Manifestation à Turin (Italie) le 12 juin, contre la décision du ministre de l’intérieur Matteo Salvini de ne pas laisser accoster l’« Aquarius » en Italie. / Alessandro Di Marco / AP

Editorial du « Monde ». Matteo Salvini, en bon dirigeant d’extrême droite, a mis à profit ses premiers jours au pouvoir, à Rome, pour déchaîner sa hargne anti-migrants : le dirigeant de la Ligue a fermé les ports italiens au navire de sauvetage Aquarius et à ses 629 passagers recueillis au large des côtes libyennes.

L’errance du bateau aurait pu durer longtemps si le nouveau gouvernement espagnol du socialiste Pedro Sanchez ne s’était pas proposé de l’accueillir à Valence, où il devrait accoster d’ici au dimanche 17 juin.

L’objectif est double pour le vice-président de la coalition formée avec le Mouvement 5 étoiles. Il s’agit d’abord d’afficher sa détermination contre les migrants et autres réfugiés candidats à l’exil dans la prospère Europe. Le dirigeant souverainiste cherche sans doute aussi à démontrer que l’Union européenne n’a pas pris la mesure de la menace qui pèserait sur elle, et qu’elle est, pire encore, tout simplement incapable d’y faire face.

Ce faisant, il tend un piège redoutable aux dirigeants du continent, à l’avant-veille de la campagne pour les élections européennes de mai 2019, alors que tout annonce qu’elles se focaliseront sur les enjeux migratoires.

Des mesures drastiques

La démonstration est d’autant plus facile que les Etats européens ont été dans l’incapacité, ces dernières années, de coordonner leurs réponses face à ce qu’il est convenu d’appeler la « crise migratoire ». Ils ont eu du mal à faire preuve de solidarité, comme l’a montré la dérive de l’Aquarius. Du mal aussi à réformer les procédures mises en place pour gérer les demandes d’asile dans une Europe où cette compétence reste du ressort national – le règlement de Dublin, qui oblige les candidats à déposer leur requête dans le pays de première entrée, l’Italie, la Grèce ou l’Espagne en l’occurrence.

A en croire M. Salvini, l’Europe ne serait pas redescendue du pic migratoire qu’elle a connu en 2015, quand un million de personnes avaient risqué leur vie pour rejoindre ses côtes, pour l’essentiel via la mer Egée, entre la Turquie et la Grèce. Mais il est trompeur d’entretenir cette illusion.
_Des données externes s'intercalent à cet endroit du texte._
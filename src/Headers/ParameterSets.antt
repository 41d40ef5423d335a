-- ===== src/Headers/ParameterSets.antt =====
-- VPS, SPS and PPS: a receiver that parses what the encoder puts out by the tables of H.265 finds
-- the intended values, and the cropped picture size of the SPS is the encoder's.
use native.Mathlib.Nat.{mod-eq_of_lt}
use display_bridge.Prelude.{
  ℕ, zero, suc, ◌+◌, ◌^◌, ◌<◌, subst, arith, ◌||◌, [], ◌∷◌, ◌++◌, u32, ◌==◌, if◌then◌else◌,
}
use display_bridge.Encoder.{Encoder}
use display_bridge.Bitstream.{zeros}
use display_bridge.Bitstream.Emit.{zeros-Emits}
use display_bridge.Bitstream.Syntax.{
  fixed, bit, encode, Writes, calls-Writes, calls_then-Writes, >>-Writes,
}
use display_bridge.Headers.{
  compatibility_flags, write_profile_tier_level, vps_body, write_vps, pps_body, write_pps, rbsp,
}
use display_bridge.Headers.Tables.{
  compatibility_table, profile_table, source_table, level_table, profile_tier_level, vps_front,
  vps_back, vps_table, pps_table,
}
use display_bridge.Bitstream.Sizes.{length-encode}
use display_bridge.Headers.Rbsp.{Carries, rbsp-Carries}

compatibility_flags-Writes : (n i : ℕ) → Writes (compatibility_flags n i) (compatibility_table n i)
unfolding compatibility_flags
compatibility_flags-Writes zero i = calls-Writes []
compatibility_flags-Writes (suc n) i =
    calls_then-Writes (bit (if i == 1 || i == 2 then 1 else 0) ∷ []) (compatibility_table n (i + 1))
      (compatibility_flags-Writes n (i + 1))

zeros-Writes : Writes (zeros 44) (fixed 0 44 ∷ [])
unfolding encode
zeros-Writes = zeros-Emits 44

pub write_profile_tier_level-Writes : Writes write_profile_tier_level profile_tier_level
unfolding write_profile_tier_level
write_profile_tier_level-Writes =
    calls_then-Writes profile_table (compatibility_table 32 0 ++ (source_table ++ level_table)) (
      >>-Writes (compatibility_table 32 0) (source_table ++ level_table)
        (compatibility_flags-Writes 32 0)
        (calls_then-Writes source_table level_table (
          >>-Writes (fixed 0 44 ∷ []) (fixed 120 8 ∷ []) zeros-Writes
            (calls-Writes (fixed 120 8 ∷ [])))))

vps_body-Writes : (enc : Encoder) → Writes (vps_body enc) (vps_table (u32 enc.fps))
unfolding vps_body
vps_body-Writes enc = calls_then-Writes vps_front (profile_tier_level ++ vps_back (u32 enc.fps)) (
    >>-Writes profile_tier_level (vps_back (u32 enc.fps)) write_profile_tier_level-Writes
      (calls-Writes (vps_back (u32 enc.fps))))

-- For a frame rate below `2 ^ 32` the VPS holds exactly the elements of its table, with the frame
-- rate as the time scale, and is written inside its buffer.
pub write_vps-Carries :
    (enc : Encoder) → enc.fps < 2 ^ 32 → Carries (vps_table enc.fps) (write_vps enc)
unfolding write_vps
write_vps-Carries enc h =
    subst (λ fps. Carries (vps_table fps) (rbsp 256 (vps_body enc))) (mod-eq_of_lt h)
      (rbsp-Carries 255 (vps_body enc) (vps_table (u32 enc.fps)) (vps_body-Writes enc)
        (omega (arith, length-encode (vps_table (u32 enc.fps)))) (omega arith))

pps_body-Writes : Writes pps_body pps_table
unfolding pps_body
pps_body-Writes = calls-Writes pps_table

-- The PPS holds exactly the elements of its table, and is written inside its buffer.
pub write_pps-Carries : (enc : Encoder) → Carries pps_table (write_pps enc)
unfolding write_pps
write_pps-Carries enc =
    rbsp-Carries 255 pps_body pps_table pps_body-Writes (omega (arith, length-encode pps_table))
      (omega arith)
En réalité, le nombre d’arrivées sur les côtes européennes est sous contrôle, très loin des sommets atteints en 2015.

Trois ans plus tard, 35 000 personnes ont fait de même depuis janvier, cette fois plutôt par la route italienne, d’après les estimations du Haut-Commissariat aux réfugiés. Pour la seule Allemagne, principal pays de destination, le nombre des demandeurs d’asile est ainsi en fort recul depuis trois ans : il a atteint, en 2017, son niveau des années 1990, soit 233 000 personnes, en baisse de 70 % par rapport à l’année précédente (contre 128 000 en Italie et 100 000 en France, en hausse).

Les départs de Libye réduits

Entre-temps, l’Union européenne et ses Etats membres ont pris des mesures drastiques, souvent controversées d’ailleurs, que les forces d’extrême droite font naturellement mine d’ignorer. Sous l’égide d’Angela Merkel, un accord a été signé, au printemps 2016, avec la Turquie du président Erdogan, afin de réduire les arrivées en Grèce et de fermer la route des Balkans empruntée par les migrants pour rejoindre le nord de l’Europe. Au grand dam des organisations humanitaires, ce compromis prévoyait même de pouvoir renvoyer vers la Turquie les personnes déboutées de l’asile par Athènes. Une clause qui n’a pas été appliquée.

De la même manière, le gouvernement de centre gauche italien, battu par les forces antisystème le 4 mars, a réussi à réduire très sensiblement les départs de Libye, en passant des accords plus ou moins officiels avec les autorités et les factions du pays. Le ministre de l’intérieur de l’époque, Marco Minitti, s’est employé à couper l’herbe sous le pied des partis extrémistes, dont la Ligue de M. Salvini. Cela ne s’est pas révélé suffisant, mais ce n’est pas une raison pour tomber dans le piège tendu par l’extrême droite européenne. Qui entend bien faire son miel des peurs, lors du scrutin européen de 2019.